KASTAMONU (AA) - SEMİH YÜKSEL - Karadeniz Teknik Üniversitesi (KTÜ) Sürmene Deniz Bilimleri Fakültesi Öğretim Üyesi Doç. Dr. Nadir Başçınar, kültür balıklarına ön yargıyla yaklaşıldığını belirterek, "Ön yargılar ve birtakım karalama kampanyaları, kültür balığına talebi olumsuz etkilemektedir. Oysa kültür balıklarının üretim aşamasından sofralara ulaştırılmasına kadarki her anı titizlikle izlenmektedir" dedi.

Başçınar, AA muhabirine yaptığı açıklamada, insanların kontrolünde üretilen alabalık, çipura, levrek ve sazanın kültür balıkları grubunda değerlendirildiğini söyledi.

Kültür balıklarının en sağlıklı besin kaynağı olduğunu savunan Başçınar, "Ön yargılar ve birtakım karalama kampanyaları, kültür balıklarına talebi olumsuz etkilemektedir. Oysa kültür balıklarının üretim aşamasından sofralara ulaştırılmasına kadarki her anı titizlikle izlenmektedir. Bu balıklar son derece besleyicidir. 7'den 70'e tüm vatandaşlarımız güvenle, sağlıkla kültür balığı yiyebilir" şeklinde konuştu.

"Hamile kadınlar, yaşlılar ve çocuklar mutlaka kültür balığı yemelidir" diyen Başçınar, kültür balıklarının protein ve doymamış yağ asitleri açısından zengin olduğunu, bunun da insan sağlığına önemli katkı sağladığını vurguladı.

Başçınar, kültür grubu ile denizlerde yetişen balıklar arasında fark bulunmadığına dikkati çekerek, şöyle devam etti:

"Deniz balıklarının lezzeti ve kokusu farklıdır. Kültür grubu ise kokusuz ve tatsız algılanmaktadır, oysa bu durum tamamen damak zevkiyle ilgilidir. Kültür balıkları, çok daha fazla yağ asidi içermektedir. Bu da hamile kadınlarımız ve çocukların gelişimi için son derece önemlidir. Tüketiciler, güvendikleri balıkçılardan bu balıkları almalı, tazeliğine ve son tüketim tarihine bakmalıdır. Diğer husus ise kültür balıkları her mevsim bulunabilir ve taze tüketilebilir."

- "Kırmızı et, balığı gölgede bırakıyor"

Balık tüketim miktarının istenilen seviyede olmadığına işaret eden Başçınar, kırmızı et tüketiminin özellikle iç kesimlerde balığı gölgede bıraktığını anlattı.

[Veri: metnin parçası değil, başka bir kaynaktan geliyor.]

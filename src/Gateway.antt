-- ===== src/Gateway.antt =====
-- src/luna_agent/gateway: the lineage of compressed sessions, and the confirmations of tool calls
-- that a platform's user gives.
pub mod Chain
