-- ===== src/Gateway/Chain.antt =====
-- src/luna_agent/gateway/compression_chain.py: CompressionChain. `stored` is what the file holds.
-- How a write of the file ends is an argument. A loop has fuel, and a result of no value stands for
-- fuel that ran out.
pub mod Walk
pub mod Change
mod Examples
use luna_agent.Prelude.{
  ℕ, zero, suc, String, Bool, true, false, not, ◌||◌, Option, none, some, List, [], ◌∷◌, ◌++◌, elem,
  ◌==◌, String_eq, if◌then◌else◌, length,
}
use luna_agent.Prelude.Dict
use luna_agent.Prelude.Dict.{Dict}

abbrev pub Links : Type 0
Links = Dict String String

pub record CompressionChain : Type 0 where
  pub stored : Option Links
  pub chain : Links

unfoldable pub load : CompressionChain → CompressionChain
load c = elim c.stored [ none ↦ c | some links ↦ record c { chain = links } ]

-- How `write_json_atomic` ends: it returns, or it raises before the file is replaced, or after.
pub data Write : Type 0 where
  written raises_before raises_after : Write

-- What the file holds, and whether the call raised.
unfoldable pub write_json_atomic : Option Links → Links → Write → Option Links × Bool
write_json_atomic stored links written = (some links, false)
write_json_atomic stored links raises_before = (stored, true)
write_json_atomic stored links raises_after = (some links, true)

-- The state, and whether the call raised.
unfoldable pub save : CompressionChain → Write → CompressionChain × Bool
save c write =
    let wrote = write_json_atomic c.stored c.chain write in (record c { stored = wrote.0 }, wrote.1)

unfoldable pub link : CompressionChain → (old new : String) → Write → CompressionChain × Bool
link c old new write =
    let updated = Dict.put c.chain old new in
    let wrote = write_json_atomic c.stored updated write in
    (record { stored = wrote.0; chain = if wrote.1 then c.chain else updated }, wrote.1)

-- The loop of `resolve`.
unfoldable pub resolve_loop :
    Links → (fuel : ℕ) → (session current : String) → List String → Option String
resolve_loop d zero session current seen = none
resolve_loop d (suc fuel) session current seen = elim (Dict.get d current) [
  | none ↦ some current
  | some next ↦
      let rest = resolve_loop d fuel session next (next ∷ seen) in
      if elem next seen then some session else rest
]

unfoldable pub resolve : CompressionChain → String → Option String
resolve c session = resolve_loop c.chain (suc (suc (length c.chain))) session session (session ∷ [])

-- The loop of `get_chain`.
unfoldable pub chain_loop :
    Links → (fuel : ℕ) → String → List String → List String → Option (List String)
chain_loop d zero current seen result = none
chain_loop d (suc fuel) current seen result = elim (Dict.get d current) [
  | none ↦ some result
  | some next ↦
      let rest = chain_loop d fuel next (next ∷ seen) (result ++ next ∷ []) in
      if elem next seen then some result else rest
]

unfoldable pub get_chain : CompressionChain → String → Option (List String)
get_chain c session =
    chain_loop c.chain (suc (suc (length c.chain))) session (session ∷ []) (session ∷ [])

abbrev pub tail_of : Option (List String) → Option (List String)
tail_of none = none
tail_of (some []) = some []
tail_of (some (x ∷ xs)) = some xs

abbrev pub get_descendants : CompressionChain → String → Option (List String)
get_descendants c session = tail_of (get_chain c session)

-- The loop of `remove_chain` over the entries that were there when it began.
unfoldable pub remove_links : List String → List (String × String) → Links → Links
remove_links targets [] d = d
remove_links targets ((old, new) ∷ rest) d =
    if elem old targets || elem new targets
    then remove_links targets rest (Dict.remove d old)
    else remove_links targets rest d

unfoldable pub any_link : List String → List (String × String) → Bool
any_link targets [] = false
any_link targets ((old, new) ∷ rest) = elem old targets || elem new targets || any_link targets rest

-- The file is written only where something was removed.
unfoldable pub remove_chain : CompressionChain → List String → Write → CompressionChain × Bool
remove_chain c targets write =
    let left = record c { chain = remove_links targets c.chain c.chain } in
    if any_link targets c.chain then save left write else (c, false)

"Evde balık yapmak tüketicilere zor geliyor" değerlendirmesinde bulunan Başçınar, "Bunun en büyük sebebi de genellikle ön yargılar. Balığın temizlenmesi zahmetli görülüyor, kokusu da itici gelebiliyor ancak bunun kolayı var. Kültür balıklarını temizlenmiş almak mümkün. Güvenle pişirilip, tüketilebilir. Biz, balığın elle tüketilmesini tavsiye ediyoruz. Bu, aynı zamanda geleneğimizdir. Lezzet ve tat daha belirginleşiyor, balık daha afiyetle yeniyor" ifadesini kullandı.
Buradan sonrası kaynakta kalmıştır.